____ Data

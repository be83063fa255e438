-- ===== src/Jobs.antt =====
-- api/routers/jobs.py, api/queue.py and api/job_control.py: the routes of jobs. `require_scopes` has
-- let the principal through (Auth); the body is a validated `SubmitJobRequest`.
pub mod Spec
pub mod Ownership
pub mod Submission
pub mod Keeping
use perzforge.Prelude.{
  ℕ, ◌+◌, ◌-◌, ◌≡◌, Bool, true, false, not, ◌&&◌, ◌||◌, Option, none, some, List, [], ◌∷◌, ◌++◌,
  String, Text, concat, map, find?, count, filter, update_where, length, ltb, leb, ◌==◌,
  if◌then◌else◌,
}
use perzforge.Settings.{Settings}
use perzforge.Schema.{
  User, UserRole, ApiKey, Job, JobSpec, JobStatus, queued, running, cancelling, succeeded, failed,
  cancelled, Db, is_admin,
}
use perzforge.Http.{Result, ok, err, Error, http, value_error, then_run, ◌>>=◌}
use perzforge.Quota.{World, enforce, concurrent_jobs, jobs_per_day}
use perzforge.Jobs.Spec.{is_valid_spec}
use perzforge.Pagination.{page}

-- api/deps.py
pub record Principal : Type 0 where
  pub user : User
  pub api_key : Option ApiKey

-- The database, the quota counters, the list at JOB_QUEUE_KEY with its newest id first, and the jobs
-- whose control channel got a cancel command, newest first.
pub record Platform : Type 0 where
  pub world : World
  pub queue : List ℕ
  pub cancels : List ℕ

pub record JobResponse : Type 0 where
  pub id : ℕ
  pub name : Text
  pub spec : JobSpec
  pub status : JobStatus
  pub queued_at : ℕ
  pub started_at : Option ℕ
  pub finished_at : Option ℕ
  pub worker_id : Option String
  pub exit_code : Option ℕ
  pub error_message : Option String
  pub mlflow_run_id : Option String
  pub artifact_error : Option String

-- TERMINAL_JOB_STATUSES
abbrev pub is_terminal : JobStatus → Bool
is_terminal JobStatus.succeeded = true
is_terminal JobStatus.failed = true
is_terminal JobStatus.cancelled = true
is_terminal _ = false

abbrev pub response_of : Job → JobResponse
response_of job = record {
  id = job.id;
  name = job.name;
  spec = job.spec;
  status = job.status;
  queued_at = job.queued_at;
  started_at = job.started_at;
  finished_at = job.finished_at;
  worker_id = job.worker_id;
  exit_code = job.exit_code;
  error_message = job.error_message;
  mlflow_run_id = job.mlflow_run_id;
  artifact_error = job.artifact_error;
}

-- The response validates the stored specification again.
unfoldable pub to_job_response : Settings → Job → Result JobResponse
to_job_response s job =
    if is_valid_spec s job.spec then ok (response_of job) else err (value_error "invalid job spec")

abbrev pub find_job : ℕ → Db → Option Job
find_job job_id db = find? (λ j. j.id == job_id) db.jobs

-- The row of a job with its fields assigned.
abbrev pub update_job : ℕ → (Job → Job) → Db → Db
update_job job_id f db = record db { jobs = update_where (λ j. j.id == job_id) f db.jobs }

abbrev pub job_not_found : Error
job_not_found = http 404 "Job not found"

abbrev pub owned : Principal → Option Job → Result Job
owned principal none = err job_not_found
owned principal (some job) =
    if not (job.user_id == principal.user.id) && not (is_admin principal.user.role)
    then err job_not_found
    else ok job

unfoldable pub get_owned_job : Db → ℕ → Principal → Result Job
get_owned_job db job_id principal = owned principal (find_job job_id db)

abbrev pub set_db : Platform → Db → Platform
set_db p db = record p { world = record p.world { db = db } }

-- LPUSH at JOB_QUEUE_KEY; `some` is the exception of a queue that does not answer.
unfoldable pub enqueue_job : Option String → ℕ → Platform → Option String × Platform
enqueue_job none job_id p = (none, record p { queue = job_id ∷ p.queue })
enqueue_job (some exc) job_id p = (some exc, p)

pub record SubmitJobRequest : Type 0 where
  pub name : Text
  pub spec : JobSpec

abbrev pub new_job : ℕ → ℕ → SubmitJobRequest → ℕ → Job
new_job now job_id body user_id = record {
  id = job_id;
  user_id = user_id;
  name = body.name;
  spec = body.spec;
  status = queued;
  queued_at = now;
  started_at = none;
  finished_at = none;
  worker_id = none;
  exit_code = none;
  error_message = none;
  mlflow_run_id = none;
  artifact_error = none;
}

-- What the `except` around the enqueueing does to the job.
abbrev pub enqueue_failed : ℕ → Option String → Job → Job
enqueue_failed now none job = job
enqueue_failed now (some exc) job = record job {
  status = failed;
  error_message = some (concat "Queue enqueue failed: " exc);
  finished_at = some now;
}

-- The rows and the queue after both quotas let the job through.
unfoldable pub insert_job :
    Settings
    → ℕ
    → ℕ
    → Option String
    → SubmitJobRequest
    → Principal
    → Platform
    → Result JobResponse × Platform
unfolding enqueue_job
insert_job s now job_id broken body principal p =
    let job = new_job now job_id body principal.user.id in
    let db = record p.world.db { jobs = p.world.db.jobs ++ job ∷ [] } in
    let (exc, p') = enqueue_job broken job_id (set_db p db) in
    (
      to_job_response s (enqueue_failed now exc job),
      set_db p' (update_job job_id (enqueue_failed now exc) p'.world.db),
    )

unfoldable pub submit_job :
    Settings
    → ℕ
    → ℕ
    → Option String
    → SubmitJobRequest
    → Principal
    → Platform
    → Result JobResponse × Platform
submit_job s now job_id broken body principal p =
    let (r₁, w₁) = enforce s now principal.user concurrent_jobs 1 p.world in
    then_run (r₁, record p { world = w₁ })
      λ _ p₁.
        let (r₂, w₂) = enforce s now principal.user jobs_per_day 1 p₁.world in
        then_run (r₂, record p₁ { world = w₂ })
          λ _ p₂. insert_job s now job_id broken body principal p₂

abbrev pub status_code : JobStatus → ℕ
status_code JobStatus.queued = 0
status_code JobStatus.running = 1
status_code JobStatus.cancelling = 2
status_code JobStatus.succeeded = 3
status_code JobStatus.failed = 4
status_code JobStatus.cancelled = 5

abbrev pub has_status : Option JobStatus → Job → Bool
has_status none job = true
has_status (some status) job = status_code job.status == status_code status

abbrev pub all_responses : Settings → List Job → Result (List JobResponse)
all_responses s [] = ok []
all_responses s (job ∷ jobs) =
    to_job_response s job >>= λ r. (all_responses s jobs >>= λ rs. ok (r ∷ rs))

-- The items and the total.
unfoldable pub list_jobs :
    Settings → Option JobStatus → ℕ → ℕ → Principal → Db → Result (List JobResponse × ℕ)
list_jobs s status_filter limit offset principal db =
    let rows = filter (λ j. j.user_id == principal.user.id && has_status status_filter j) db.jobs in
    all_responses s (page (λ j. j.queued_at) limit offset rows) >>= λ items. ok (items, length rows)

unfoldable pub get_job : Settings → ℕ → Principal → Db → Result JobResponse
get_job s job_id principal db = get_owned_job db job_id principal >>= to_job_response s

abbrev pub job_already_finished : Error
job_already_finished = http 409 "job already finished"

abbrev pub to_cancelled : ℕ → Job → Job
to_cancelled now job = record job { status = cancelled; finished_at = some now }

abbrev pub to_cancelling : Job → Job
to_cancelling job = record job { status = cancelling }

-- The rest of `cancel_job`, by the status of the row that was read.
unfoldable pub cancel_owned :
    Settings → ℕ → Job → JobStatus → Platform → Result JobResponse × Platform
cancel_owned s now job JobStatus.queued p = (
  to_job_response s (to_cancelled now job),
  set_db p (update_job job.id (to_cancelled now) p.world.db),
)
cancel_owned s now job JobStatus.running p = (
  to_job_response s (to_cancelling job),
  record (set_db p (update_job job.id to_cancelling p.world.db)) { cancels = job.id ∷ p.cancels },
)
cancel_owned s now job status p = (err job_already_finished, p)

abbrev pub cancel_found : Settings → ℕ → Result Job → Platform → Result JobResponse × Platform
cancel_found s now (ok job) p = cancel_owned s now job job.status p
cancel_found s now (err e) p = (err e, p)

unfoldable pub cancel_job : Settings → ℕ → ℕ → Principal → Platform → Result JobResponse × Platform
cancel_job s now job_id principal p =
    cancel_found s now (get_owned_job p.world.db job_id principal) p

________

• Problem description: Gather each line in these records that contains the string "SubmitJobRequest".

• Result below:
-- let the principal through (Auth); the body is a validated `SubmitJobRequest`.
pub record SubmitJobRequest : Type 0 where
abbrev pub new_job : ℕ → ℕ → SubmitJobRequest → ℕ → Job
    → SubmitJobRequest
    → SubmitJobRequest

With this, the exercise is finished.